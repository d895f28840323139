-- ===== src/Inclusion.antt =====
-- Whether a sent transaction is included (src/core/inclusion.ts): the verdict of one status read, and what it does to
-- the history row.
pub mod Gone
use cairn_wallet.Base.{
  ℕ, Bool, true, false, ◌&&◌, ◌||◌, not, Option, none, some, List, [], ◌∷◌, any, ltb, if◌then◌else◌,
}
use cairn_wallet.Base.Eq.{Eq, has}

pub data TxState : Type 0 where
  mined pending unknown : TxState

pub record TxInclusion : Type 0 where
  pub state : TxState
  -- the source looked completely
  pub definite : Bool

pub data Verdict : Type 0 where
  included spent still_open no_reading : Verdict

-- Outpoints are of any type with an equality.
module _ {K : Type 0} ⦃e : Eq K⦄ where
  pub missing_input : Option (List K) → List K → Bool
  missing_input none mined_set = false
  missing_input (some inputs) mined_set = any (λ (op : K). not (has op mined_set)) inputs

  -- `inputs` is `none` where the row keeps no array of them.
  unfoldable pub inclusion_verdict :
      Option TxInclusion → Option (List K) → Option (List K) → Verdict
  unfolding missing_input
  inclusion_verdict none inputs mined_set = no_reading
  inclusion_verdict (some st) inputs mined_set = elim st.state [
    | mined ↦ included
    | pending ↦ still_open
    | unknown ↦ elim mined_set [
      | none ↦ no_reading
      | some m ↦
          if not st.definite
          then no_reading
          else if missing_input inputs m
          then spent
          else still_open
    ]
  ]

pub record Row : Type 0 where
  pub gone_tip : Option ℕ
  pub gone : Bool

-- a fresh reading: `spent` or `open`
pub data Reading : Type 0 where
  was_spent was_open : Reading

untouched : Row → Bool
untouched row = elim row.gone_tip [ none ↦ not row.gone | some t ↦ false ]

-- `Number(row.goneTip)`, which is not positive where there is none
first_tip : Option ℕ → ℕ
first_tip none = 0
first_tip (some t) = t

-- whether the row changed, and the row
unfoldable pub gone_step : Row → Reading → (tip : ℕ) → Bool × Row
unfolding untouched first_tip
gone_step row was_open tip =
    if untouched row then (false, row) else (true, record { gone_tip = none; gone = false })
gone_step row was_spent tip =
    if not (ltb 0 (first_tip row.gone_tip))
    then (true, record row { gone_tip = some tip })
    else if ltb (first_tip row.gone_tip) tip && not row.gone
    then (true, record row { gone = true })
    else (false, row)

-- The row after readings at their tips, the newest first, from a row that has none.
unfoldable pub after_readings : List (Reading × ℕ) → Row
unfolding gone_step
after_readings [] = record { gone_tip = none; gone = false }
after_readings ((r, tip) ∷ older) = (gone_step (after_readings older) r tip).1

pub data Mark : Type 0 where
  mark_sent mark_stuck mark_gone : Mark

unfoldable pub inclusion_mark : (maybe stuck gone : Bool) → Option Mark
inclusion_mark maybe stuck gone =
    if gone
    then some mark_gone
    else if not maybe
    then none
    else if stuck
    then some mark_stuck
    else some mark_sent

::::::::

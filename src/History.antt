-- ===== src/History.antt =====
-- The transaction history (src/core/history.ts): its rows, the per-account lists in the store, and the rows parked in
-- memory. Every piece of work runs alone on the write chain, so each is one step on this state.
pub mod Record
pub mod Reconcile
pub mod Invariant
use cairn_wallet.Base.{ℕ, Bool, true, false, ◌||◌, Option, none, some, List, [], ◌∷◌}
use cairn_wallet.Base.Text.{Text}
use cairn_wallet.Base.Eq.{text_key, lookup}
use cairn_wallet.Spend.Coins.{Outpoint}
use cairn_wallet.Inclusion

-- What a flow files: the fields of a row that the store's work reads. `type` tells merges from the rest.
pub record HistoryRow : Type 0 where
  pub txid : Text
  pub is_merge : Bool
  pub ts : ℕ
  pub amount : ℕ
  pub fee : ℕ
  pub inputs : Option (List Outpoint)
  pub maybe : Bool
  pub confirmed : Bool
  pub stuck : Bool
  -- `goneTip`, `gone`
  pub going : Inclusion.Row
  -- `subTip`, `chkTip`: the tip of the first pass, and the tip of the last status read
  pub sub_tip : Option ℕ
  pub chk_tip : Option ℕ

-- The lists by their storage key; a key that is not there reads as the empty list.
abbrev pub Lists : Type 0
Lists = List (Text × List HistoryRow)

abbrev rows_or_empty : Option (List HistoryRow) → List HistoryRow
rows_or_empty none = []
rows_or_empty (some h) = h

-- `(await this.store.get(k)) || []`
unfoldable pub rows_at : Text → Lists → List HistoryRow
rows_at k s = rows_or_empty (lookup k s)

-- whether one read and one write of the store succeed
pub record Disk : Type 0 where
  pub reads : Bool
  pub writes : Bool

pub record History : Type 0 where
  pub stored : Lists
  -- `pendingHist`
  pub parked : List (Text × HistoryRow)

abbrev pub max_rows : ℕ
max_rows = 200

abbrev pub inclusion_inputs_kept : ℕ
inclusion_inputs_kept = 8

::::::::

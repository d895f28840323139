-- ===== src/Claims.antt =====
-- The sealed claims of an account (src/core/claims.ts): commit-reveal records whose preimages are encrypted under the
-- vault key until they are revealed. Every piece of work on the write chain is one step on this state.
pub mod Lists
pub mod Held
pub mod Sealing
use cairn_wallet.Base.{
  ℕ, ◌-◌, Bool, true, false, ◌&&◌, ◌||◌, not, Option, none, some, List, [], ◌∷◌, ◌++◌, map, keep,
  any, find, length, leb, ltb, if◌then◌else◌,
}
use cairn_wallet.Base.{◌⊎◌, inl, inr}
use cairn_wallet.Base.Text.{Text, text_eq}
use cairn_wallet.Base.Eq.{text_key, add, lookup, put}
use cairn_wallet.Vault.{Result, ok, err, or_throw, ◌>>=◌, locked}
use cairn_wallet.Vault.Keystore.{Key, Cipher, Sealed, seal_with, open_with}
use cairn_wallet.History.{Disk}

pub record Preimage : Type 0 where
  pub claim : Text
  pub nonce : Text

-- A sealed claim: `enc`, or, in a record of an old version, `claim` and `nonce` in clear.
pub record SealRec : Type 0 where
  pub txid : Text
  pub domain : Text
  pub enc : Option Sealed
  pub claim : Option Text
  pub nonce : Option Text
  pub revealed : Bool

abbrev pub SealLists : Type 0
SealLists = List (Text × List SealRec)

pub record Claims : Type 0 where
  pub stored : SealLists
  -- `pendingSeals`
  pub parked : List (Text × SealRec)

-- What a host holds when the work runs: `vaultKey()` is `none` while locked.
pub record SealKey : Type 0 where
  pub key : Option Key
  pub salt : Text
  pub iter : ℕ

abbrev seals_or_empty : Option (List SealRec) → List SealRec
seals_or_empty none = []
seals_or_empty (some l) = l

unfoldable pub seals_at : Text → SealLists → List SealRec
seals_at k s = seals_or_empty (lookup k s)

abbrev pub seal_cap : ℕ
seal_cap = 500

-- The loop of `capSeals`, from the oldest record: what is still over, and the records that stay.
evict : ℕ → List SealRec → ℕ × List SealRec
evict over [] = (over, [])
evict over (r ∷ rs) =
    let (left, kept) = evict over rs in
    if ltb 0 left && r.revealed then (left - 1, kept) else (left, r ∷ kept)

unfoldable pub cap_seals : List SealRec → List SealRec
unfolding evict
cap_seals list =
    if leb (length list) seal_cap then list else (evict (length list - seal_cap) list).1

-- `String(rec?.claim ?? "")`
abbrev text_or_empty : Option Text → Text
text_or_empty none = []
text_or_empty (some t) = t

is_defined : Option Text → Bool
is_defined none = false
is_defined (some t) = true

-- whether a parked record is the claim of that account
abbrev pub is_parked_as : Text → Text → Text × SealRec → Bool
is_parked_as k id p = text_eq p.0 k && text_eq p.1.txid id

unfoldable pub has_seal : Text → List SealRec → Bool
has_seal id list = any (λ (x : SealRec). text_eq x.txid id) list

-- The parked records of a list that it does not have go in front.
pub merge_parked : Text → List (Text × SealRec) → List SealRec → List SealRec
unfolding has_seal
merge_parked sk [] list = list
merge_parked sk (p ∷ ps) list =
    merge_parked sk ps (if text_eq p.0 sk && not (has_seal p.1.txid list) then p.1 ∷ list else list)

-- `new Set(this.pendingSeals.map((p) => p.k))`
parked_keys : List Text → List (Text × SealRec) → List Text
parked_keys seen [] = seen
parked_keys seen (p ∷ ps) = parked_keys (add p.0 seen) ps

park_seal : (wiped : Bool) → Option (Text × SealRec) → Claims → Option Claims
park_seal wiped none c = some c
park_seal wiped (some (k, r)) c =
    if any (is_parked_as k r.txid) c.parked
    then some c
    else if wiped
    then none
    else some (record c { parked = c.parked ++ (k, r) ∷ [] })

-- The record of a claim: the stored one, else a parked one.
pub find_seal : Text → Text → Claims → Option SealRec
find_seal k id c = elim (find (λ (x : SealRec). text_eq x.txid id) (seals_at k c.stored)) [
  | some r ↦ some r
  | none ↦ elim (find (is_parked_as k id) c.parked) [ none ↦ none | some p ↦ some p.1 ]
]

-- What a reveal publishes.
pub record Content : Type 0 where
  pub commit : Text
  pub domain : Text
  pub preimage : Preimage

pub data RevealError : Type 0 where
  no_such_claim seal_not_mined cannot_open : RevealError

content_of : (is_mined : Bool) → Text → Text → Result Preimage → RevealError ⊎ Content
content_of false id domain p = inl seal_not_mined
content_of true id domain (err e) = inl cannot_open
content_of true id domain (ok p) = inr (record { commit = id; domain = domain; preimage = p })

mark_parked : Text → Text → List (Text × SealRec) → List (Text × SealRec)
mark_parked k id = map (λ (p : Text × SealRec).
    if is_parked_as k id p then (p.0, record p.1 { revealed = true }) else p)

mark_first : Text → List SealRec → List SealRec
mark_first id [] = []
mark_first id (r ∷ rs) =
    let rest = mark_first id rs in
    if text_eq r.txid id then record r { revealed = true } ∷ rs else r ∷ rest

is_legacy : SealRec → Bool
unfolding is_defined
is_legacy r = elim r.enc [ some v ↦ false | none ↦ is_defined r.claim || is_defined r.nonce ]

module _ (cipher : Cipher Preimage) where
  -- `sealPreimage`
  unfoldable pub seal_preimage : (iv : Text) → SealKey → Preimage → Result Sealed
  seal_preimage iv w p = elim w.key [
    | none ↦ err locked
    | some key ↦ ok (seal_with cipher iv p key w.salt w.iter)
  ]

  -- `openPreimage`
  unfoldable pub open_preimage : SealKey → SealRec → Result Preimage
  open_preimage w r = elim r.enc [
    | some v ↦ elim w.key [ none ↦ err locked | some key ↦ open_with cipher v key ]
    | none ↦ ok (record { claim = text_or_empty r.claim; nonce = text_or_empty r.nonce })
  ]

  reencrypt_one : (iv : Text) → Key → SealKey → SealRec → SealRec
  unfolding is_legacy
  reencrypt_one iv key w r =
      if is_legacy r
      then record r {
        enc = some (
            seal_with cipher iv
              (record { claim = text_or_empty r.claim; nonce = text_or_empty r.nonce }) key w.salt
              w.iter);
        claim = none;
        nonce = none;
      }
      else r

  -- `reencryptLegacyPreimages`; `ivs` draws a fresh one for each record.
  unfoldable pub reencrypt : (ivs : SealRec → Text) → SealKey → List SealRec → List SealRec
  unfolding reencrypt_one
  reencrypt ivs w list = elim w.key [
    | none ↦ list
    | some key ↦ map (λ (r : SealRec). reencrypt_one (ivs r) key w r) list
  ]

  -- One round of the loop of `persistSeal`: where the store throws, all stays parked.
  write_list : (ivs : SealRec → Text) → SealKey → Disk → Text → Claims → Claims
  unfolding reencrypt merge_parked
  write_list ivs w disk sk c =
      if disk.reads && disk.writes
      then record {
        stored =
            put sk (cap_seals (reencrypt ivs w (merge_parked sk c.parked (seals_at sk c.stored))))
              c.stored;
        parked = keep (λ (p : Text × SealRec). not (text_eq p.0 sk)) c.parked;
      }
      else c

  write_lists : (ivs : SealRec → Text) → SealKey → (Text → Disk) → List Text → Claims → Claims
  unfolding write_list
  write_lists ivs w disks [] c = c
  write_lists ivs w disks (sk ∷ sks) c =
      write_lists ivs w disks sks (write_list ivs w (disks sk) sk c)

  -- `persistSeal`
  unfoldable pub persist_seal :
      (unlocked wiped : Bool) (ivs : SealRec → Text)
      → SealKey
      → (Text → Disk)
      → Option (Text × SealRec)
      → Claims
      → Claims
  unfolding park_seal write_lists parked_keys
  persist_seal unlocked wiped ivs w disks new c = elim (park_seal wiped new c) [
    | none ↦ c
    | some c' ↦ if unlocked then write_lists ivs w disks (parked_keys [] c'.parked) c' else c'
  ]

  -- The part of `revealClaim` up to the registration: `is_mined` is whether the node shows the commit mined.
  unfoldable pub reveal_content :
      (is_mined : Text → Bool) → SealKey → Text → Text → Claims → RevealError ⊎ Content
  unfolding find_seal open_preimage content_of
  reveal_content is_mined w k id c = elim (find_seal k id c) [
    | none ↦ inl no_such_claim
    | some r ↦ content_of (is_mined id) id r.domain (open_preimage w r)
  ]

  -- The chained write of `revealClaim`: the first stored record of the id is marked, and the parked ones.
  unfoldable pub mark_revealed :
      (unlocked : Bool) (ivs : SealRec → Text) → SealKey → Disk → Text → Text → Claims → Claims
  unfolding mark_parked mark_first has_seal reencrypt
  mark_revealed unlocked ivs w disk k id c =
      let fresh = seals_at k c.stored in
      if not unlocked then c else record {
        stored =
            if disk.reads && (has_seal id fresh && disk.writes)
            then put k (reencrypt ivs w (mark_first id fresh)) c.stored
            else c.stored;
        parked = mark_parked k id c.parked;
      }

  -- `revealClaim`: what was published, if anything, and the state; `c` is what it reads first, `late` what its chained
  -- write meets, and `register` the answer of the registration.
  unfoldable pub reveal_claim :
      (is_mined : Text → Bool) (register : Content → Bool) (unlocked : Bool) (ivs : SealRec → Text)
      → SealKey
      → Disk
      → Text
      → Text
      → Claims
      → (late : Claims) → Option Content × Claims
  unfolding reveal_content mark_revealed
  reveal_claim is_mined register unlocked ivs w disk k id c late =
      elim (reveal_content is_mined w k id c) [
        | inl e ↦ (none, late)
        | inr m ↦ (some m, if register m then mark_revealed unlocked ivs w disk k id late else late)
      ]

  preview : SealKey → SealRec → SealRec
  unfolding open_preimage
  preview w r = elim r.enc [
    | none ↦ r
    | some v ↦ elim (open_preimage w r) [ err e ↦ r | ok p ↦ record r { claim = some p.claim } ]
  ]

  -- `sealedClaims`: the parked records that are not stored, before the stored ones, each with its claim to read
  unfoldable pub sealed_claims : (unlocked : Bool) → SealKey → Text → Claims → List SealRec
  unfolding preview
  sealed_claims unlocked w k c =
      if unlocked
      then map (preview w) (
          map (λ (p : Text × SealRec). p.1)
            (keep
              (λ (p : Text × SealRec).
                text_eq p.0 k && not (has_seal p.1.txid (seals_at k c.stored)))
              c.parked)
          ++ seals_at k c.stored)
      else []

::::::::

All lines above from the one holding "-- The parked" to the one holding "pub find_seal : Text", inclusive, are to be copied exactly; no other line is wanted.

## Reply
-- The parked records of a list that it does not have go in front.
pub merge_parked : Text → List (Text × SealRec) → List SealRec → List SealRec
unfolding has_seal
merge_parked sk [] list = list
merge_parked sk (p ∷ ps) list =
    merge_parked sk ps (if text_eq p.0 sk && not (has_seal p.1.txid list) then p.1 ∷ list else list)

-- `new Set(this.pendingSeals.map((p) => p.k))`
parked_keys : List Text → List (Text × SealRec) → List Text
parked_keys seen [] = seen
parked_keys seen (p ∷ ps) = parked_keys (add p.0 seen) ps

park_seal : (wiped : Bool) → Option (Text × SealRec) → Claims → Option Claims
park_seal wiped none c = some c
park_seal wiped (some (k, r)) c =
    if any (is_parked_as k r.txid) c.parked
    then some c
    else if wiped
    then none
    else some (record c { parked = c.parked ++ (k, r) ∷ [] })

-- The record of a claim: the stored one, else a parked one.
pub find_seal : Text → Text → Claims → Option SealRec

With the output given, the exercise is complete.